Required action => For the entries below, work out how many lines contain the string "Unit" and write only the number.

Dataset excerpts =>
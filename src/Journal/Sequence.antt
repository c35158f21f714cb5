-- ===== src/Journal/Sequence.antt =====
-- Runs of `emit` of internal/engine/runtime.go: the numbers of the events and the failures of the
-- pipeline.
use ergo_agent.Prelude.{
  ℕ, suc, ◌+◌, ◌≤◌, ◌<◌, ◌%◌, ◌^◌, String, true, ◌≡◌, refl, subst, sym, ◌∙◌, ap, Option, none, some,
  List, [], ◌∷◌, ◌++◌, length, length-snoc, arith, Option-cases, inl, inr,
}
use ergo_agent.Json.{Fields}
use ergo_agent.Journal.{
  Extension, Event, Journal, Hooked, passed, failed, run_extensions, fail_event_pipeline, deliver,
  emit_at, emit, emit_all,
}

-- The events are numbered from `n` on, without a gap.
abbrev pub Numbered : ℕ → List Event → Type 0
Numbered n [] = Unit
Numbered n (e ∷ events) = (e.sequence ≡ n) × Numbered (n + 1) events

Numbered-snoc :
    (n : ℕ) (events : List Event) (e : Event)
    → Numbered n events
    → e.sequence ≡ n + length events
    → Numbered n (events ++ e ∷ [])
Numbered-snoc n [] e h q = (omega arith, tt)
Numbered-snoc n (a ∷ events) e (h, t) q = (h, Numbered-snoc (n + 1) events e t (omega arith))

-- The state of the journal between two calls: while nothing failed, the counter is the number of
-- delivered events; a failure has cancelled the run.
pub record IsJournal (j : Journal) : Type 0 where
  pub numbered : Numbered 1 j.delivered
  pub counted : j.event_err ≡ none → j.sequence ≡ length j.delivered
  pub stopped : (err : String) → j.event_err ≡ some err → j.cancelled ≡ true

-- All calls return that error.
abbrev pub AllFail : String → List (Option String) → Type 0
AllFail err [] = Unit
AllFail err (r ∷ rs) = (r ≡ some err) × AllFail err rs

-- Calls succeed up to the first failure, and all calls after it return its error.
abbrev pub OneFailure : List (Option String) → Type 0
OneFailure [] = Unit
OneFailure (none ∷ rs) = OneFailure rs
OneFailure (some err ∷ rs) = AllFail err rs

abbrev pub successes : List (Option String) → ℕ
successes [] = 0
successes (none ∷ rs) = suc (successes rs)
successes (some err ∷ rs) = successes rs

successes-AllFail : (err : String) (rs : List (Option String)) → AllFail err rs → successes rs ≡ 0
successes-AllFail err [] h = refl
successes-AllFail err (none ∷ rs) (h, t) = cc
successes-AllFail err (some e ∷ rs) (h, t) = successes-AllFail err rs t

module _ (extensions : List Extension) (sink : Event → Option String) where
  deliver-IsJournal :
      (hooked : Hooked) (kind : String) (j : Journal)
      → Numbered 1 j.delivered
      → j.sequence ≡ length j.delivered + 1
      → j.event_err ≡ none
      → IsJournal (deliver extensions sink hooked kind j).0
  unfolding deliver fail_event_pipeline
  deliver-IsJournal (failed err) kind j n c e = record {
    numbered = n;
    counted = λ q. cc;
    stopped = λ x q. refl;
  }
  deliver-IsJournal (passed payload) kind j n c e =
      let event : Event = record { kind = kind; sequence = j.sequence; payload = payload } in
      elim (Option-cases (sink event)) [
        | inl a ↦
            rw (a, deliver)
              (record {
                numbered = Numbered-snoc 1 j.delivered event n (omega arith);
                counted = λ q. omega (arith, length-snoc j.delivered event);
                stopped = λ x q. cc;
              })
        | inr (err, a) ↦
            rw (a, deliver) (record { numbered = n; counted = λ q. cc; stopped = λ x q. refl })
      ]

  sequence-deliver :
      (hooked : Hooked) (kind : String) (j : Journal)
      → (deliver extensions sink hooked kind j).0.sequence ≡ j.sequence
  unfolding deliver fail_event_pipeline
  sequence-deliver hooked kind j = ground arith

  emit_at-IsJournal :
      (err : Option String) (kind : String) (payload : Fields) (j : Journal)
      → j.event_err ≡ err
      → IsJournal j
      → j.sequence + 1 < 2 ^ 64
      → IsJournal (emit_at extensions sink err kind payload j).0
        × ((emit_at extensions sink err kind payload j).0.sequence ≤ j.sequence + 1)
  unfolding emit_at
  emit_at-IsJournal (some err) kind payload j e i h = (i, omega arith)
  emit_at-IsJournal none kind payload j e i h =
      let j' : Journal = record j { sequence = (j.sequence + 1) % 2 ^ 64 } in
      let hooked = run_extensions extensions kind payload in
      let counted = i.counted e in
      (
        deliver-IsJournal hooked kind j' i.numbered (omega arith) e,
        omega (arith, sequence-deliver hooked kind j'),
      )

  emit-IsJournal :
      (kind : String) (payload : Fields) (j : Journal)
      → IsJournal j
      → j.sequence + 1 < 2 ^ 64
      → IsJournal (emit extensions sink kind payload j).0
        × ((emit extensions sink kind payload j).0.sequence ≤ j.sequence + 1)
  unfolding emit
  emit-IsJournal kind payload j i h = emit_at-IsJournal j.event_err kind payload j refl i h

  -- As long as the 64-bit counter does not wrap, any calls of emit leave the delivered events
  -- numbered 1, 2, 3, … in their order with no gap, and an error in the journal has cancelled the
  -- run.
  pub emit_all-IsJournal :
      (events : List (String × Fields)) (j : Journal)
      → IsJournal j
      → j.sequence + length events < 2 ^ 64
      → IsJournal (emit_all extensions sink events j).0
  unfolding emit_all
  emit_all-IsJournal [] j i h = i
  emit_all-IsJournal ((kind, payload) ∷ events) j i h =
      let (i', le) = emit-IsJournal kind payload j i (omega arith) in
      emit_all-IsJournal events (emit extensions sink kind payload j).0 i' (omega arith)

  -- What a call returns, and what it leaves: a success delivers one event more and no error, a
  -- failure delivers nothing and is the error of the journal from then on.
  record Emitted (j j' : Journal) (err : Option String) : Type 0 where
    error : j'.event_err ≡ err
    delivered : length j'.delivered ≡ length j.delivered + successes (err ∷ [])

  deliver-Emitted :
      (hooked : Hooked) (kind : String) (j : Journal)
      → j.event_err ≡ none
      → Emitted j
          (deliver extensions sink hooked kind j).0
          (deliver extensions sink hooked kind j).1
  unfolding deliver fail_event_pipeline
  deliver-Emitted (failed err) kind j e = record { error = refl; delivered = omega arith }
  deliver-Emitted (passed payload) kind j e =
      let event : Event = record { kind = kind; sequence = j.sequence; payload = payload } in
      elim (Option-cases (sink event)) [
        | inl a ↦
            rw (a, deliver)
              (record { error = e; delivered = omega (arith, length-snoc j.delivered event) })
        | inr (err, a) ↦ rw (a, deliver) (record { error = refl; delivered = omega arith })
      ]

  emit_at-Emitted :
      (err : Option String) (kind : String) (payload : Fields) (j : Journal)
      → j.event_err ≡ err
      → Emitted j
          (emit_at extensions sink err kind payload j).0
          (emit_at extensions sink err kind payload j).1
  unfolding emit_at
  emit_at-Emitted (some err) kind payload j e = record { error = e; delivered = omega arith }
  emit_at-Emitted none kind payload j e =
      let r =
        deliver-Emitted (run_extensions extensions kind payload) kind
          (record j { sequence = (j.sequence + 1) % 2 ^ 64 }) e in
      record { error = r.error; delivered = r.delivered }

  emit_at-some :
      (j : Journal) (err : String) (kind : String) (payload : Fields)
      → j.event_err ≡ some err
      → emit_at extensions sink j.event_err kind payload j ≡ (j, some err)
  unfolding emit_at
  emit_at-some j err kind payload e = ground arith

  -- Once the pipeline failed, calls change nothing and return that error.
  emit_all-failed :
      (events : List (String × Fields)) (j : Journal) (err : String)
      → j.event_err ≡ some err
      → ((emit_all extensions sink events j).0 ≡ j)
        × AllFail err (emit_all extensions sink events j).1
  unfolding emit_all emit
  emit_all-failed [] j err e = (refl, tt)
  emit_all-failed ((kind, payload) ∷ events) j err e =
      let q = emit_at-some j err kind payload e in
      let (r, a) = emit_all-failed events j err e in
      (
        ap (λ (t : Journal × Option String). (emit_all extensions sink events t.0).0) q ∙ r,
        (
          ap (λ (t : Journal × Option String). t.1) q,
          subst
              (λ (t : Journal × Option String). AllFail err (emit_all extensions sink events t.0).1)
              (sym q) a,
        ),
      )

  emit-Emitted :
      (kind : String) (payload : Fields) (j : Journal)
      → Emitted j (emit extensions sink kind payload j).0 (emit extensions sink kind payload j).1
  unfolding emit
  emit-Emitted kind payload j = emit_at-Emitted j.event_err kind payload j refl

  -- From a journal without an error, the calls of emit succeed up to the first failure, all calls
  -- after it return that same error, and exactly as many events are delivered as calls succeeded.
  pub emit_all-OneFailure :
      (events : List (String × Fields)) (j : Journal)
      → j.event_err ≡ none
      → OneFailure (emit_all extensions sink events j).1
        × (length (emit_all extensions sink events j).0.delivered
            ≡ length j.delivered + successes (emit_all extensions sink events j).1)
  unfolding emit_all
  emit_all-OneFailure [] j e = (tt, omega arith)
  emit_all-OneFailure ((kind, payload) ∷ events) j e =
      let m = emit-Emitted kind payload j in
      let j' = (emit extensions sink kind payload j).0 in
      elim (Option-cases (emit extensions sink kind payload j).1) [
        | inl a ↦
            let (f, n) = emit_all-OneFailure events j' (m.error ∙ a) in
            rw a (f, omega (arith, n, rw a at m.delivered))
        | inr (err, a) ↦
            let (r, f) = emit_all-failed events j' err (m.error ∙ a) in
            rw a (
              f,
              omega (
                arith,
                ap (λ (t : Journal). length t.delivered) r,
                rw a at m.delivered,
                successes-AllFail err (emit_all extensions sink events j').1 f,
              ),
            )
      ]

* * *

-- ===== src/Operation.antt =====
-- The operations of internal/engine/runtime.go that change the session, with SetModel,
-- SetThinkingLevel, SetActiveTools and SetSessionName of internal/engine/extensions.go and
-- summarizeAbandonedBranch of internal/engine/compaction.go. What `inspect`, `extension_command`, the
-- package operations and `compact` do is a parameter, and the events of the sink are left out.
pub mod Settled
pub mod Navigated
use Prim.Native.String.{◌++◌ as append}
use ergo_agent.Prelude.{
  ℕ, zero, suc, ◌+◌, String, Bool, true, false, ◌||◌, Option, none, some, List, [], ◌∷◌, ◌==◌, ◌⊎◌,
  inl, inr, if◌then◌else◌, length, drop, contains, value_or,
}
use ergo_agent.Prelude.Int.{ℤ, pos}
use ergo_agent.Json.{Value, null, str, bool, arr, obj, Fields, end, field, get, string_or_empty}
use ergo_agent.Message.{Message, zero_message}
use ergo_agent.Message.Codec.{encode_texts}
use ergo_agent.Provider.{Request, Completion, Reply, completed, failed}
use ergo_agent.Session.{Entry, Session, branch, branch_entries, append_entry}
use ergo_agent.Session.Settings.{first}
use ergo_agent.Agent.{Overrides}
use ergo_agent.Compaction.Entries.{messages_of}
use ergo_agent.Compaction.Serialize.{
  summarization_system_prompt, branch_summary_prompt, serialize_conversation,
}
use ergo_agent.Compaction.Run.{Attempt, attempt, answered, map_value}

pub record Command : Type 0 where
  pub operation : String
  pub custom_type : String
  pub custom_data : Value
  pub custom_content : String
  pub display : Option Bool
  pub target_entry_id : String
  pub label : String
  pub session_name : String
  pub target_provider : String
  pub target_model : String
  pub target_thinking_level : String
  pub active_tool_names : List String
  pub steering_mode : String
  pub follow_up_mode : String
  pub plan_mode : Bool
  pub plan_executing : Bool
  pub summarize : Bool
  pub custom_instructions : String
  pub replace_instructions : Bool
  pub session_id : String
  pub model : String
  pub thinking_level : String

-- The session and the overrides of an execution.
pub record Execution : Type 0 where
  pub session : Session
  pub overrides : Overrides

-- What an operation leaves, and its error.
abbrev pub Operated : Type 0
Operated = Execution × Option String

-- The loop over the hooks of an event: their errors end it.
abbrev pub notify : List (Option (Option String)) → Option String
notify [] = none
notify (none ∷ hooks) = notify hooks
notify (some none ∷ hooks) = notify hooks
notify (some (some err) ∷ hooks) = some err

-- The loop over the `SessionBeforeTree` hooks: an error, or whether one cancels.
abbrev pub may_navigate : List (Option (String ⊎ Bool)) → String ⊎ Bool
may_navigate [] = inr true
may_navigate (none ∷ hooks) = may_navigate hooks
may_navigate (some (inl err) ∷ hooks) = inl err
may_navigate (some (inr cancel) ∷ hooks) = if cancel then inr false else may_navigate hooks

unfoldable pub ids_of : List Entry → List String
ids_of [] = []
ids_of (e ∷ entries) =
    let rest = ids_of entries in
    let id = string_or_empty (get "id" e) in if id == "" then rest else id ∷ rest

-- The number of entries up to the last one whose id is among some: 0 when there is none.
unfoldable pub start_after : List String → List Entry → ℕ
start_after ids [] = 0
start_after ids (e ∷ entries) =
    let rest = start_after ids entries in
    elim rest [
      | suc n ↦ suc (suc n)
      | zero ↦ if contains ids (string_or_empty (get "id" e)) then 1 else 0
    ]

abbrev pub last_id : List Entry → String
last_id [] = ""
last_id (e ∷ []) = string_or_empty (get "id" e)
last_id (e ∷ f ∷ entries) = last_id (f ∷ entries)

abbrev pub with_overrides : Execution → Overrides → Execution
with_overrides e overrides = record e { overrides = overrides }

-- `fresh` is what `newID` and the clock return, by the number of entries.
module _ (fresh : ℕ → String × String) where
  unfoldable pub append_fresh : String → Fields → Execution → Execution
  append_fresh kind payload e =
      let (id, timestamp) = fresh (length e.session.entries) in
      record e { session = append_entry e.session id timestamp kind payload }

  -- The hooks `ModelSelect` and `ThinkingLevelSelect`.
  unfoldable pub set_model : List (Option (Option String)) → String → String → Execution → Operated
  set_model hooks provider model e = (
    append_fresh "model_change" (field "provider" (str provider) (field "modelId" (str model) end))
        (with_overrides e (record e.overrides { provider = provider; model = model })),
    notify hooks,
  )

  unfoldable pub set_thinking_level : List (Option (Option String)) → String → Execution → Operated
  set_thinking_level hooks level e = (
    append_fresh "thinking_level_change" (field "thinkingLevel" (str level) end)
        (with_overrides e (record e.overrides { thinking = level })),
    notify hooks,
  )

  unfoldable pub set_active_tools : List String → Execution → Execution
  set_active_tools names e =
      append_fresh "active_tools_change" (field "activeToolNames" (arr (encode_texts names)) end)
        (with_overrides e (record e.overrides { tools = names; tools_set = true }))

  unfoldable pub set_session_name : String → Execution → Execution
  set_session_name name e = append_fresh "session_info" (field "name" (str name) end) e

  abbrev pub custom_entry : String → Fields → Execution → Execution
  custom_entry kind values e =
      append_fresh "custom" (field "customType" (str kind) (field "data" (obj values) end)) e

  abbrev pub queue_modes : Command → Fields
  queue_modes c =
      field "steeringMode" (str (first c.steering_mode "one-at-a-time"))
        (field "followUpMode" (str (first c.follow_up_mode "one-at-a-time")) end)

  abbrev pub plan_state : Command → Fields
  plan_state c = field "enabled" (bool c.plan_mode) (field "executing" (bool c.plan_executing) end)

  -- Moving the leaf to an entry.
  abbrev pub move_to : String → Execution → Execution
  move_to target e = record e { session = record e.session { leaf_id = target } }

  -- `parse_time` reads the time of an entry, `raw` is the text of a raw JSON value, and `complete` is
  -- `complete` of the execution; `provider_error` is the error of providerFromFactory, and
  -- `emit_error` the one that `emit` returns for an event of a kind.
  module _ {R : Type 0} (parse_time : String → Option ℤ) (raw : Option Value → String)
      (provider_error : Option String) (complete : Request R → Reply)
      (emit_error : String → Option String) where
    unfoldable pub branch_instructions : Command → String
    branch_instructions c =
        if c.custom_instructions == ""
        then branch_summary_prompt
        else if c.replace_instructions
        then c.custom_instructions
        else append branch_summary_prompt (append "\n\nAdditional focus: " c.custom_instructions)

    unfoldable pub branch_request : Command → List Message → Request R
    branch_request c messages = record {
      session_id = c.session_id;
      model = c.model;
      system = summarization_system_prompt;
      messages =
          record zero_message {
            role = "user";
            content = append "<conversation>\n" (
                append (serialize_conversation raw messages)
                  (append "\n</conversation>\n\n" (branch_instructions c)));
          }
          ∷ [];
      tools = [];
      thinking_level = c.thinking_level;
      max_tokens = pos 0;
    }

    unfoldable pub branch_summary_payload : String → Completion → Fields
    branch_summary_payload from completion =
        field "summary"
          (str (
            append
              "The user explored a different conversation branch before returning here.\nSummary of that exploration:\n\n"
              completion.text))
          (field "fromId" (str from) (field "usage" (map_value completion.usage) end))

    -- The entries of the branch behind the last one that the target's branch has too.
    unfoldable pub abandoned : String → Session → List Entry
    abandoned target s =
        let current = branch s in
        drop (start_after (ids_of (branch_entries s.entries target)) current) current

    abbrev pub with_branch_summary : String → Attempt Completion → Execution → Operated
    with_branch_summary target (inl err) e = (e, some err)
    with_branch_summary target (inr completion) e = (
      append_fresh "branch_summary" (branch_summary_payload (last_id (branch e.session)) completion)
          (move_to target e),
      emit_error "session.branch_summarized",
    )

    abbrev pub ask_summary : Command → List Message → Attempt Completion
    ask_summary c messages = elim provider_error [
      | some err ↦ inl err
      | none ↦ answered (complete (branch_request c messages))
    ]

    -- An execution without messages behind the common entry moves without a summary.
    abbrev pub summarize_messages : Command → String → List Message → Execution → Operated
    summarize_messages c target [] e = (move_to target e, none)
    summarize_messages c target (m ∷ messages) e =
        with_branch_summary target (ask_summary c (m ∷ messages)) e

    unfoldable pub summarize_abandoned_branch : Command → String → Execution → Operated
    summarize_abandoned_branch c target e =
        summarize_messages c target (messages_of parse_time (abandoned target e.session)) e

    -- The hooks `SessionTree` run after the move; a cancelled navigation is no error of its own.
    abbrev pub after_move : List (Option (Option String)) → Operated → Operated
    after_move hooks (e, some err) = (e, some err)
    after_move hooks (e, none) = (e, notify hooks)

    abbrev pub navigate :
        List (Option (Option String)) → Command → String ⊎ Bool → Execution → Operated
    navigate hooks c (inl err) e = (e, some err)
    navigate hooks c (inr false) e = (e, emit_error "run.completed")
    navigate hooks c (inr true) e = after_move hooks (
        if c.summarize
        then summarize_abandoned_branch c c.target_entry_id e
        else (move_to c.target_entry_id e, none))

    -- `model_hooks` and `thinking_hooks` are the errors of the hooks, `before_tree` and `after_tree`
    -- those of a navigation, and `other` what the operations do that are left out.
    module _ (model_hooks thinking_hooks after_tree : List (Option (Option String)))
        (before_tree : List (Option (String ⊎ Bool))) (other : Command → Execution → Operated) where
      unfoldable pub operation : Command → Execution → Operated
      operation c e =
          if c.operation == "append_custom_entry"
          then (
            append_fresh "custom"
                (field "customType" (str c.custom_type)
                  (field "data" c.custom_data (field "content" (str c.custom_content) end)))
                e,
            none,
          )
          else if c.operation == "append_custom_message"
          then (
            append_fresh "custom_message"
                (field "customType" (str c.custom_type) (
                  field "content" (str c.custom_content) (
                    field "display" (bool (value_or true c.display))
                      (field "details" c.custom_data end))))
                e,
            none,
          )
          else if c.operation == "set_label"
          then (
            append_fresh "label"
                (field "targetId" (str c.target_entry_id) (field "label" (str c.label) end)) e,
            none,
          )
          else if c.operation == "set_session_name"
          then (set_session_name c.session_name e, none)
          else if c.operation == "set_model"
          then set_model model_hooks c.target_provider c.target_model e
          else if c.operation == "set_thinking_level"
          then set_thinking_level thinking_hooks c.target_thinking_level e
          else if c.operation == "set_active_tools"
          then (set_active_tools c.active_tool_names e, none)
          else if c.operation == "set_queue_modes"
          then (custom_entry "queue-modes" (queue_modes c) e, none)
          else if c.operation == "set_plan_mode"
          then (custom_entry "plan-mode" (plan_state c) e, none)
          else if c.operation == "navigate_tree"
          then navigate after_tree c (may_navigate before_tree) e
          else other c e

Your response => 3